Input for this task:
########

-- ===== src/RouteTable/Registry/Reachable.antt =====
-- The promises of a registry that was loaded from a store, in every state that the interleavings of
-- its tasks can reach.
use pingora_reverse_proxy.Prelude.{
  ◌≡◌, ◌≢◌, ◌⊎◌, inl, inr, refl, sym, ap, ◌∙◌, some, [], ok, err, Text, arith,
}
use pingora_reverse_proxy.Map
use pingora_reverse_proxy.Map.{Map}
use pingora_reverse_proxy.Map.Laws.{IsSorted}
use pingora_reverse_proxy.Map.Order.{text_ord}
use pingora_reverse_proxy.Route.{RouteKey, RouteData}
use pingora_reverse_proxy.Store.{Outcome, done, panicked, Store}
use pingora_reverse_proxy.Store.Contract.{Agrees, Agrees-refl, IsStore}
use pingora_reverse_proxy.RouteTable.Registry.Fresh.{IsFresh, from_routes-IsFresh, Step-IsFresh}
use pingora_reverse_proxy.RouteTable.Registry.Served.{IsTerminal, IsHonest, IsSound, Step-IsSound}
use pingora_reverse_proxy.RouteTable.Registry.Steps.{unlocked, System, Reach, here, next}
use pingora_reverse_proxy.RouteTable.Registry.{RouteRegistry, map_done, load, resolve}
use pingora_reverse_proxy.RouteTable.Snapshot
use pingora_reverse_proxy.RouteTable.Snapshot.{RouteMatch, from_routes, from_ordered_routes}
use pingora_reverse_proxy.RouteTable.Snapshot.Resolve.{IsAnswer, resolve-IsAnswer}
use pingora_reverse_proxy.RouteTable.Tracker
use pingora_reverse_proxy.RouteTable.Tracker.{
  MutationSeal, MutationTrackerState, open_, shutdown, backend_panic, indeterminate,
}

abbrev pub started : {S X : Type 0} → RouteRegistry S X → System S X
started r = record { registry = r; waiting = []; stage = unlocked }

resolve-found :
    {S X : Type 0} (path : Text) (r : RouteRegistry S X) (m : RouteMatch X)
    → resolve path r ≡ some m
    → (r.mutations.seal ≢ indeterminate) × (Snapshot.resolve r.snapshot path ≡ some m)
unfolding resolve
resolve-found path r m e = ground arith

panic_of_terminal :
    (seal : MutationSeal) → IsTerminal seal → seal ≢ indeterminate → seal ≡ backend_panic
panic_of_terminal open_ h k = absurd h
panic_of_terminal shutdown h k = absurd h
panic_of_terminal backend_panic h k = refl
panic_of_terminal indeterminate h k = absurd (k refl)

module _ {S X : Type 0} (view : S → Map RouteKey (RouteData X)) (backend : Store S X)
    (contract : IsStore view backend) where
  pub record IsGood (s : System S X) : Type 0 where
    pub sound : IsSound view s.registry s.stage
    pub fresh : IsFresh s.registry.snapshot

  Reach-IsGood : {s t : System S X} → IsGood s → Reach backend s t → IsGood t
  Reach-IsGood g here = g
  Reach-IsGood g (next r step) =
      let before = Reach-IsGood g r in
      record {
        sound = Step-IsSound view backend contract step before.sound;
        fresh = Step-IsFresh backend step before.fresh;
      }

  abbrev fresh_registry : S → Map RouteKey (RouteData X) → RouteRegistry S X
  fresh_registry store m = record {
    store = store;
    snapshot = from_routes m;
    mutations = Tracker.default;
  }

  fresh_registry-IsGood :
      (store : S) (m : Map RouteKey (RouteData X))
      → m ≡ view store
      → IsSorted m
      → IsGood (started (fresh_registry store m))
  unfolding from_routes
  fresh_registry-IsGood store m same sorted = record {
    sound = inr (λ k. rw (← same) (Agrees-refl (Map.get k m)));
    fresh = from_routes-IsFresh m sorted;
  }

  load-IsGood :
      (store : S) (o : Outcome (Map RouteKey (RouteData X))) (r : RouteRegistry S X)
      → backend.snapshot store ≡ o
      → IsSorted (view store)
      → load backend store ≡ done (ok r)
      → IsGood (started r)
  unfolding load
  load-IsGood store (done (ok m)) r e sorted loaded =
      let same : m ≡ view store = rw e at (contract.snapshot_law store) in
      let built : done (ok (fresh_registry store m)) ≡ done (ok r) = rw (e, load) at loaded in
      let is_r : r ≡ fresh_registry store m = cc in
      rw is_r (fresh_registry-IsGood store m same (rw same sorted))
  load-IsGood store (done (err error)) r e sorted loaded =
      let failed : map_done {B = RouteRegistry S X} (fresh_registry store) (done (err error))
          ≡ done (ok r) =
        rw (e, load) at loaded in
      cc
  load-IsGood store panicked r e sorted loaded =
      let failed : map_done {B = RouteRegistry S X} (fresh_registry store) panicked ≡ done (ok r) =
        rw (e, load) at loaded in
      cc

  -- Whatever interleaving of admissions, commits, publications, observations, drains and abandoned
  -- waits follows the load of a registry: what it resolves while no mutation holds the lock is the
  -- answer of its routes for the path, and the backend stores that route, with the same target and
  -- extension fields, unless the panic of a backend has sealed the registry.
  pub Reach-resolve :
      (store : S) (r : RouteRegistry S X) (s : System S X) (path : Text) (m : RouteMatch X)
      → IsSorted (view store)
      → load backend store ≡ done (ok r)
      → Reach backend (started r) s
      → s.stage ≡ unlocked
      → resolve path s.registry ≡ some m
      → IsAnswer s.registry.snapshot.routes path m
        × ((s.registry.mutations.seal ≡ backend_panic)
            ⊎ Agrees (Map.get m.key (view s.registry.store)) (some m.route))
  Reach-resolve store r s path m sorted loaded run idle found =
      let good =
        Reach-IsGood (load-IsGood store (backend.snapshot store) r refl sorted loaded) run in
      let sound : IsHonest view s.registry = rw idle at good.sound in
      let (alive, matched) = resolve-found path s.registry m found in
      let answer =
        resolve-IsAnswer s.registry.snapshot.routes good.fresh.consistent path m
          (ap (λ t. Snapshot.resolve t path) (sym good.fresh.built) ∙ matched) in
      (
        answer,
        elim sound [
          | inl terminal ↦ inl (panic_of_terminal s.registry.mutations.seal terminal alive)
          | inr all ↦ inr (rw (answer.newest.stored) at (all m.key))
        ],
      )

########

Task description: Every entry is to be copied exactly, with none omitted.

Response to the task:
-- ===== src/RouteTable/Registry/Reachable.antt =====
-- The promises of a registry that was loaded from a store, in every state that the interleavings of
-- its tasks can reach.
use pingora_reverse_proxy.Prelude.{
  ◌≡◌, ◌≢◌, ◌⊎◌, inl, inr, refl, sym, ap, ◌∙◌, some, [], ok, err, Text, arith,
}
use pingora_reverse_proxy.Map
use pingora_reverse_proxy.Map.{Map}
use pingora_reverse_proxy.Map.Laws.{IsSorted}
use pingora_reverse_proxy.Map.Order.{text_ord}
use pingora_reverse_proxy.Route.{RouteKey, RouteData}
use pingora_reverse_proxy.Store.{Outcome, done, panicked, Store}
use pingora_reverse_proxy.Store.Contract.{Agrees, Agrees-refl, IsStore}
use pingora_reverse_proxy.RouteTable.Registry.Fresh.{IsFresh, from_routes-IsFresh, Step-IsFresh}
use pingora_reverse_proxy.RouteTable.Registry.Served.{IsTerminal, IsHonest, IsSound, Step-IsSound}
use pingora_reverse_proxy.RouteTable.Registry.Steps.{unlocked, System, Reach, here, next}
use pingora_reverse_proxy.RouteTable.Registry.{RouteRegistry, map_done, load, resolve}
use pingora_reverse_proxy.RouteTable.Snapshot
use pingora_reverse_proxy.RouteTable.Snapshot.{RouteMatch, from_routes, from_ordered_routes}
use pingora_reverse_proxy.RouteTable.Snapshot.Resolve.{IsAnswer, resolve-IsAnswer}
use pingora_reverse_proxy.RouteTable.Tracker
use pingora_reverse_proxy.RouteTable.Tracker.{
  MutationSeal, MutationTrackerState, open_, shutdown, backend_panic, indeterminate,
}

abbrev pub started : {S X : Type 0} → RouteRegistry S X → System S X
started r = record { registry = r; waiting = []; stage = unlocked }

resolve-found :
    {S X : Type 0} (path : Text) (r : RouteRegistry S X) (m : RouteMatch X)
    → resolve path r ≡ some m
    → (r.mutations.seal ≢ indeterminate) × (Snapshot.resolve r.snapshot path ≡ some m)
unfolding resolve
resolve-found path r m e = ground arith

panic_of_terminal :
    (seal : MutationSeal) → IsTerminal seal → seal ≢ indeterminate → seal ≡ backend_panic
panic_of_terminal open_ h k = absurd h
panic_of_terminal shutdown h k = absurd h
panic_of_terminal backend_panic h k = refl
panic_of_terminal indeterminate h k = absurd (k refl)

module _ {S X : Type 0} (view : S → Map RouteKey (RouteData X)) (backend : Store S X)
    (contract : IsStore view backend) where
  pub record IsGood (s : System S X) : Type 0 where
    pub sound : IsSound view s.registry s.stage
    pub fresh : IsFresh s.registry.snapshot

  Reach-IsGood : {s t : System S X} → IsGood s → Reach backend s t → IsGood t
  Reach-IsGood g here = g
  Reach-IsGood g (next r step) =
      let before = Reach-IsGood g r in
      record {
        sound = Step-IsSound view backend contract step before.sound;
        fresh = Step-IsFresh backend step before.fresh;
      }

  abbrev fresh_registry : S → Map RouteKey (RouteData X) → RouteRegistry S X
  fresh_registry store m = record {
    store = store;
    snapshot = from_routes m;
    mutations = Tracker.default;
  }

  fresh_registry-IsGood :
      (store : S) (m : Map RouteKey (RouteData X))
      → m ≡ view store
      → IsSorted m
      → IsGood (started (fresh_registry store m))
  unfolding from_routes
  fresh_registry-IsGood store m same sorted = record {
    sound = inr (λ k. rw (← same) (Agrees-refl (Map.get k m)));
    fresh = from_routes-IsFresh m sorted;
  }

  load-IsGood :
      (store : S) (o : Outcome (Map RouteKey (RouteData X))) (r : RouteRegistry S X)
      → backend.snapshot store ≡ o
      → IsSorted (view store)
      → load backend store ≡ done (ok r)
      → IsGood (started r)
  unfolding load
  load-IsGood store (done (ok m)) r e sorted loaded =
      let same : m ≡ view store = rw e at (contract.snapshot_law store) in
      let built : done (ok (fresh_registry store m)) ≡ done (ok r) = rw (e, load) at loaded in
      let is_r : r ≡ fresh_registry store m = cc in
      rw is_r (fresh_registry-IsGood store m same (rw same sorted))
  load-IsGood store (done (err error)) r e sorted loaded =
      let failed : map_done {B = RouteRegistry S X} (fresh_registry store) (done (err error))
          ≡ done (ok r) =
        rw (e, load) at loaded in
      cc
  load-IsGood store panicked r e sorted loaded =
      let failed : map_done {B = RouteRegistry S X} (fresh_registry store) panicked ≡ done (ok r) =
        rw (e, load) at loaded in
      cc

  -- Whatever interleaving of admissions, commits, publications, observations, drains and abandoned
  -- waits follows the load of a registry: what it resolves while no mutation holds the lock is the
  -- answer of its routes for the path, and the backend stores that route, with the same target and
  -- extension fields, unless the panic of a backend has sealed the registry.
  pub Reach-resolve :
      (store : S) (r : RouteRegistry S X) (s : System S X) (path : Text) (m : RouteMatch X)
      → IsSorted (view store)
      → load backend store ≡ done (ok r)
      → Reach backend (started r) s
      → s.stage ≡ unlocked
      → resolve path s.registry ≡ some m
      → IsAnswer s.registry.snapshot.routes path m
        × ((s.registry.mutations.seal ≡ backend_panic)
            ⊎ Agrees (Map.get m.key (view s.registry.store)) (some m.route))
  Reach-resolve store r s path m sorted loaded run idle found =
      let good =
        Reach-IsGood (load-IsGood store (backend.snapshot store) r refl sorted loaded) run in
      let sound : IsHonest view s.registry = rw idle at good.sound in
      let (alive, matched) = resolve-found path s.registry m found in
      let answer =
        resolve-IsAnswer s.registry.snapshot.routes good.fresh.consistent path m
          (ap (λ t. Snapshot.resolve t path) (sym good.fresh.built) ∙ matched) in
      (
        answer,
        elim sound [
          | inl terminal ↦ inl (panic_of_terminal s.registry.mutations.seal terminal alive)
          | inr all ↦ inr (rw (answer.newest.stored) at (all m.key))
        ],
      )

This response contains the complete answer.